Sunday, January 1, 2012

"First, Fly the Plane"

Many years ago, I got my pilot's license. It had been a dream since childhood but I never got around to doing anything about it (yeah, that's an excuse) until I talked with the husband of a co-worker who had his license and his own plane. I went to the small local airport, walked in, and was greeted by a little lady who looked a lot like Granny Clampett. (Read more about my flight instructor.) Nancy Cooper Moore took me up for a free exploratory flight, which was wonderful, and I immediately signed up to start lessons the next day.

There was a lot to remember in the training, but as we were starting on emergency procedures, Nancy said something that remains firmly in my mind and comes to mind in many situations other than flying airplanes, "First, fly the plane". In an flying context, this means no matter what else is going on, your first priority is to keep the plane flying. If you are lost, first fly the plane. If you just ran out of fuel, first fly the plane. If you wandered into a MOA (military operations area), first fly the plane. When you are in a crisis, you often focus on the biggest, or loudest, or most scary part, but if you don't keep flying, you won't get a chance to fix the other problems.

In flying, it is more obvious when you forget this rule. Among other things, you start heading toward the ground much faster than you want. Or you get into an unusual attitude, like in a sharp turn or even upside down. Whatever else is going on, first you have to get control of the plane and keep it flying.

How does this relate to "Getting By"? As I was planning out the articles for this topic (yes, I actually do think about these before blabbering away), I kept wanting to add, "... but first make sure you ...". After a while, there were more "but first's" than there were real points.

When you are trying to Get By, or Get your Shit Together, or Stop Being Stupid, you must occasionally remind yourself to take care of the basics. You don't need to be reminded if you don't have air and water. You can go a while before you need to remind yourself that you need food. One good cold rainy day will remind you that you need shelter. Do you need to be reminded that you must somehow make enough money to take care of those last two, or have some other way to take care of them? (Yes, there are other ways, even if you don't want to depend on them for too long).

When I took a look at the selection of self-help books at the local book store, I found lots of good advice, some bad advice, and a fair number of pages with nothing other than ink on them. The common assumption in all of them is that you are already "flying the plane" and can continue to do so while implementing whatever advice they are giving you. For many people, they are so busy flying the plane that they give up on all else. For other people, they are so busy trying to do other things, they forget they have to fly the plane. Some don't even notice that they are crashing, or have already crashed!

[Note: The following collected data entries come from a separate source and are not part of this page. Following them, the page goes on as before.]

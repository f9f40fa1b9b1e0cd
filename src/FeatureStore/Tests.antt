-- ===== src/FeatureStore/Tests.antt =====
-- src/enrichment/redis_feature_store.cpp: a small Redis with one user that it knows, and the theorems at
-- concrete inputs.
use mathlib.Core.List.{Perm, head-eq_of_cons-eq}
use ml_distributed_fraud_eng.Common.{
  ℕ, zero, suc, ◌≡◌, refl, ap, true, false, List, [], ◌∷◌, ◌++◌, Option, none, some, arith, ◌==◌,
  if◌then◌else◌,
}
use ml_distributed_fraud_eng.Messages.{UserFeatures, default_features}
use ml_distributed_fraud_eng.Text.{codes, str_eq}
use ml_distributed_fraud_eng.Chars.{from_chars, positive_value, negative_value, number, digit_run}
use ml_distributed_fraud_eng.FeatureStore.{
  Redis, Reply, Store, field_of, returns, get_features, get_features_pipelined, missing, key,
  features_of, parse_reply, assign, good, built, destruct, connect,
}
use ml_distributed_fraud_eng.FeatureStore.Pool.{batch, serve_all, made-destruct}
use ml_distributed_fraud_eng.FeatureStore.Batch.{InOrder, pipelined-Singles, pipelined_broken}
use ml_distributed_fraud_eng.FeatureStore.Sharing.{
  Sharing, Reach, guard, here, next, everywhere, Reach-Nodup,
}
use ml_distributed_fraud_eng.FeatureStore.Members.{Written}
use ml_distributed_fraud_eng.FeatureStore.Fields.{elements}

abbrev ann : List ℕ
ann = b'a' ∷ []

abbrev bob : List ℕ
bob = b'b' ∷ []

-- A hash with 12 transactions.
abbrev ann_hash : Reply
ann_hash = record {
  is_array = true;
  element = some (codes "tx_count_30d") ∷ some (codes "12") ∷ [];
}

abbrev empty_hash : Reply
empty_hash = record { is_array = true; element = [] }

-- Ann's key has 16 bytes that are told apart by the sixth.
abbrev answer : List ℕ → Reply
answer (a ∷ b ∷ c ∷ d ∷ e ∷ user ∷ rest) = if user == b'a' then ann_hash else empty_hash
answer _ = empty_hash

abbrev nth_answer : List (List ℕ) → ℕ → Option Reply
nth_answer [] i = none
nth_answer (k ∷ ks) zero = some (answer k)
nth_answer (k ∷ ks) (suc i) = nth_answer ks i

abbrev small_redis : Redis
small_redis = record {
  command = λ ctx k. some (answer k);
  get_reply = λ ctx ks i. nth_answer ks i;
  float_from_chars = λ bytes old. old;
}

-- Its pipeline breaks at the first reply.
abbrev broken_redis : Redis
broken_redis = record small_redis { get_reply = λ ctx ks i. none }

abbrev ann_features : UserFeatures
ann_features = record default_features { tx_count_30d = 12 }

abbrev store : Store
store = record { pool = 1 ∷ 2 ∷ []; discarded = [] }

get_ann : get_features small_redis ann store ≡ (returns ann_features, store)
unfolding get_features key features_of parse_reply field_of assign from_chars positive_value
    negative_value number digit_run str_eq
get_ann = refl

get_bob : get_features small_redis bob store ≡ (returns missing, store)
unfolding get_features key features_of parse_reply
get_bob = refl

ann-InOrder : InOrder small_redis 1 (ann ∷ []) 1
ann-InOrder [] u a e h = ap (λ x. some (answer (key x))) (head-eq_of_cons-eq e)
ann-InOrder (b ∷ bs) u a e h = absurd (ground arith)

pipelined-Singles_example :
    get_features_pipelined small_redis (ann ∷ []) store ≡ (returns (ann_features ∷ []), store)
pipelined-Singles_example =
    pipelined-Singles small_redis store 1 (2 ∷ []) (ann ∷ []) (ann_features ∷ []) refl ann-InOrder
      (get_ann, tt)

pipelined_broken_example :
    get_features_pipelined broken_redis (ann ∷ bob ∷ []) store
    ≡ (returns (missing ∷ missing ∷ []), record { pool = 2 ∷ []; discarded = 1 ∷ [] })
pipelined_broken_example =
    pipelined_broken broken_redis store 1 (2 ∷ []) [] ann (bob ∷ []) [] refl
      (λ b u a e h. absurd (ground arith)) tt refl

two_connected :
    connect (good 1 ∷ good 2 ∷ []) [] ≡ built (record { pool = 2 ∷ 1 ∷ []; discarded = [] })
unfolding connect
two_connected = refl

-- The batch breaks connection 2; the destructor frees connection 1.
made-destruct_example :
    1 ∷ 2 ∷ []
    ≡ destruct (
        serve_all
          ((broken_redis, batch (ann ∷ bob ∷ [])) ∷ [])
          (record { pool = 2 ∷ 1 ∷ []; discarded = [] }))
      ++ (serve_all
          ((broken_redis, batch (ann ∷ bob ∷ [])) ∷ [])
          (record { pool = 2 ∷ 1 ∷ []; discarded = [] })).discarded
made-destruct_example =
    made-destruct (good 1 ∷ good 2 ∷ []) (record { pool = 2 ∷ 1 ∷ []; discarded = [] })
      ((broken_redis, batch (ann ∷ bob ∷ [])) ∷ []) two_connected

abbrev at_rest : Sharing
at_rest = record { store = store; held = [] }

abbrev one_lookup : Sharing
one_lookup = record { store = record store { pool = 2 ∷ [] }; held = 1 ∷ [] }

at_rest-one_lookup : Reach at_rest one_lookup
at_rest-one_lookup = next here (guard 1 (record store { pool = 2 ∷ [] }) refl)

Reach-Nodup_example : Perm (everywhere at_rest) (everywhere one_lookup)
Reach-Nodup_example = (Reach-Nodup at_rest-one_lookup).0

abbrev one_byte : ℕ → List ℕ
one_byte x = x ∷ []

abbrev first_byte : List ℕ → ℕ → ℕ
first_byte [] old = old
first_byte (c ∷ cs) old = c

abbrev some_features : UserFeatures
some_features = record {
  tx_count_30d = 12;
  avg_amount_30d = 7;
  countries_30d = codes "US,GB";
  last_tx_ts = 0xFFFF_FFFF_FFFF_FFFB;
  risk_score = 3;
  is_cache_miss = false;
}

-- A Redis in which every user has these features, in another order and beside an unknown field, with
-- floats as single bytes.
abbrev hash : List (List ℕ × List ℕ)
hash =
    (codes "risk_score", one_byte 3)
    ∷ (codes "countries_30d", codes "US,GB")
    ∷ (codes "name", codes "Ann")
    ∷ (codes "last_tx_ts", codes "-5")
    ∷ (codes "tx_count_30d", codes "12")
    ∷ (codes "avg_amount_30d", one_byte 7)
    ∷ []

abbrev written_redis : Redis
written_redis = record small_redis {
  command = λ ctx k. some (record { is_array = true; element = elements hash });
  float_from_chars = first_byte;
}

-- Ann, and an id that goes on behind a NUL.
same_key : key ann ≡ key (b'a' ∷ 0 ∷ b'x' ∷ [])
unfolding key
same_key = refl

-- A count that does not fit an int leaves the old one.
abbrev large_redis : Redis
large_redis = record small_redis {
  command = λ ctx k. some (record {
    is_array = true;
    element = some (codes "tx_count_30d") ∷ some (codes "2147483648") ∷ [];
  });
}

large-get_features : get_features large_redis ann store ≡ (returns default_features, store)
unfolding get_features features_of parse_reply field_of str_eq from_chars
large-get_features = refl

I'll expand on this topic later, but let's end this post with an example. My daughter has been on her own since she graduated from high school. Her plans weren't always the best but she always worked and always managed to pay the rent and buy groceries. Eventually she came up with a good plan to improve her current and future prospects, but it required further education. She worked out a schedule and budget that could have worked, but depended on working a full-time job (which in itself is not easy to come by when you need to schedule around classes) while carrying a full course load at the local community college. The risk of one or both of these being neglected was significant. Fortunately, she stepped back and thought about "flying the plane", keeping up with rent, food, and other necessities. When literally flying a plane, there aren't too many choices about how you do it. In life, there are many more options, and trade-offs.

In my daughter's case, she agreed to move back in with the folks for six months to let her save up some money and to devote more attention to her studies, and workng part time. (It isn't easy to go back to school after being out for a while). There is nothing wrong with taking a few detours along the way, as long as you recognize that it is a detour and that you'll have to make a few turns later to get back to your path. Moving back with the folks can be the smartest choice; sometimes it is the worst possible choice. The point is, you need to think about flying the plane first, and then focus on the myriad of other things that need your attention.